Sweden's percentage of foreign-born residents has risen steadily, from 4 percent in 1960 to 14.3 percent today. Currently, that means 1.3 million Swedish residents were born outside the country.
Return to Sweden's welfare state?
But while the SD is appealing to anti-immigration sentiment, it’s also winning support from Swedes who are concerned about the outsourcing of jobs, particularly in manufacturing, and the erosion of the social safety nets that were once taken for granted.
The SD has “managed to fish in very murky waters on both the left and the right. The party does not have just a racist political agenda ... it is also a matter of welfare,” says Mr. Norocel.
Over the past four years, the SD and other government critics have lashed out against the current center-right governing coalition for dismantling Sweden’s “welfare state” amid waves of tax cuts and efforts to privatize the public sector. Pension benefits, unemployment benefits, and a host of social programs have all taken a hit.
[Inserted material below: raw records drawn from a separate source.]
-- ===== src/Node/Silence.antt =====
-- cpp/src/epos_control/src/epos_motor_node.cpp: a motor that is stopped because a message that it needs
-- does not come.
use motor_control.Base.{
  ◌≡◌, ◌∙◌, ap, ◌+◌, ◌*◌, ◌^◌, ◌<◌, true, false, ℤ, pos, negsuc, ◌≤ℤ◌, ◌<ℤ◌, abs_ℕ, pos_part,
  neg_part, arith,
}
use motor_control.Safety.Output.{timeout_expired}
use motor_control.Safety.Output.Guard.{timeout_expired_iff}
use motor_control.Ethercat.Pdo.{InPdo}
use motor_control.Double.{Double}
use motor_control.Node.State.{Node}
use motor_control.Node.Calm.{Steady, Calm}
use motor_control.Node.Cycle.Mode.{enable_wanted}
use motor_control.Node.Cycle.Safe.{MustStop}

-- The messages that may fail to come: a target, a heartbeat, the wish to enable the drive.
pub data Silence : Type 0 where
  no_target no_heartbeat no_enable : Silence

-- More than a positive timeout in ms lies between a message at a positive time and now.
abbrev pub IsPast : ℤ → ℤ → ℤ → Type 0
IsPast now last timeout =
    (pos 0 <ℤ timeout)
    × (pos 0 <ℤ last)
    × (pos_part timeout * 1_000_000 + pos_part last + neg_part now < pos_part now)
    × (abs_ℕ timeout < 2 ^ 31)

-- A time that is not before another, and of a size that the check can handle.
abbrev pub IsAfter : ℤ → ℤ → Type 0
IsAfter since now = (since ≤ℤ now) × (abs_ℕ now < 2 ^ 62)

past-expired :
    (since now last timeout : ℤ)
    → IsPast since last timeout
    → IsAfter since now
    → timeout_expired now last timeout ≡ true
past-expired since now (negsuc l) timeout past after = absurd (omega arith)
past-expired since (negsuc t) (pos l) timeout past after = absurd (omega arith)
past-expired since (pos t) (pos l) timeout past after =
    (timeout_expired_iff (pos t) (pos l) timeout (omega arith) (omega arith) (omega arith)).1
      (omega arith, omega arith, omega arith)

module _ {F : Type 0} where
  -- The message has not come for too long at a time, or the drive is not to be enabled.
  abbrev pub Holds : Silence → ℤ → Node F → Type 0
  Holds Silence.no_target since n = IsPast since n.targets.last_cmd_ns n.params.cmd_timeout_ms
  Holds Silence.no_heartbeat since n =
      IsPast since n.targets.last_heartbeat_ns n.params.heartbeat_timeout_ms
  Holds Silence.no_enable since n = enable_wanted n ≡ false

  -- The silence holds, and what is written for the drive asks for no motion.
  pub record IsStopped (s : Silence) (since : ℤ) (n : Node F) : Type 0 where
    pub silence : Holds s since n
    pub velocity : n.out.target_velocity ≡ pos 0
    pub torque : n.out.target_torque ≡ pos 0

  pub Steady-Holds :
      (s : Silence) (since : ℤ) (n m : Node F) → Steady n m → Holds s since n → Holds s since m
  unfolding enable_wanted
  Steady-Holds Silence.no_target since n m k h = rw (k.params, k.last_cmd_ns) h
  Steady-Holds Silence.no_heartbeat since n m k h = rw (k.params, k.last_heartbeat_ns) h
  Steady-Holds Silence.no_enable since n m k h = rw (k.params, k.enable_req) h

  pub Calm-IsStopped :
      (s : Silence) (since : ℤ) (n m : Node F)
      → Calm n m
      → IsStopped s since n
      → IsStopped s since m
  Calm-IsStopped s since n m c h = record {
    silence = Steady-Holds s since n m c.steady h.silence;
    velocity = ap (λ o. o.target_velocity) c.out ∙ h.velocity;
    torque = ap (λ o. o.target_torque) c.out ∙ h.torque;
  }

module _ {F : Type 0} ⦃d : Double F⦄ where
  pub holds-MustStop :
      (s : Silence) (since now : ℤ) (i : InPdo) (n : Node F)
      → Holds s since n
      → IsAfter since now
      → MustStop now i n
  holds-MustStop Silence.no_target since now i n h after =
      MustStop.command
        (past-expired since now n.targets.last_cmd_ns n.params.cmd_timeout_ms h after)
  holds-MustStop Silence.no_heartbeat since now i n h after =
      MustStop.heartbeat
        (past-expired since now n.targets.last_heartbeat_ns n.params.heartbeat_timeout_ms h after)
  holds-MustStop Silence.no_enable since now i n h after = MustStop.disabled h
Agneta Börjesson, general secretary of the progressive Swedish Green Party, observed that "the major parties have not been able in addressing the negative impacts of globalization," seeing this as the dominant reason behind SD's rise. She spoke of "Big Companies" moving offshore, "schools where you have a lot of different cultures," as issues that remained unaddressed.
Political scientists Sundström and Norocel separately shared similar globalization concerns, seeing the far right's rise as rooted in globalization's negative effects. Börjesson further drew a line between SD's leadership and its voters, alluding to the latter group as people who – personally or professionally – were swayed after experiencing "something bad happen to them."
Mr. Åkesson and the SD have promised a return of the welfare state, or the “Folkhemmet” (People’s Home), that was originally championed by Sweden’s Social Democrats since the 1920s. But the SD wants to ensure this public welfare system includes only those it defines as “ Swedish.”
Norocel says that many SD supporters are drawn by the social welfare message and not the discourse that its critics call racist. Still, he says, the party’s nationalism, its stance on immigration and perspective upon cultural stereotypes, plus its embrace of social programs, parallels many aspects of “very early National Socialism (Nazism) in Europe."
The SD's newfound political clout
Mr. Sundström, the political scientist, observed that some Swedes have wanted to discuss immigration, but that the political establishment’s down playing immigration questions has allowed SD “to rise and own that issue.” But while it's still uncertain what impact the SD rise will have on Sweden’s overall political tilt, their electoral success does give them more power in the country’s court system.
In Swedish courts, particularly where criminal and asylum cases are handled, a traditional judge will decide a case in conjunction with two or three lay judges that are political appointees.
The SD “might use the courts as a political arena in a way that hasn’t been common in Sweden,” says associate law professor Eric Bylander of the University of Göteborg, Sweden. This may have a chilling effect among Sweden's foreign-born residents, especially among the country’s estimated 400,000 Muslims.
In October 2009, SD leader Åkesson wrote in Scandinavia's largest paper, Aftonbladet, that “Muslims are our biggest foreign threat.” The party has also released highly debated statistical reports implying that new immigrants (primarily from the Middle East) are responsible for increases in serious crimes. A local SD leader also made headlines recently by claiming that many of those from the Middle East have a "gene" that makes them more violent.
With regret obvious in her voice, the Green Party's Börjesson noted that, overall, Sweden has become “a country of more fear.” Citing the fading memories of WWII and the 1930s, political scientist Sundström emphasized that if the far right could rise in Sweden, “it can happen anywhere.”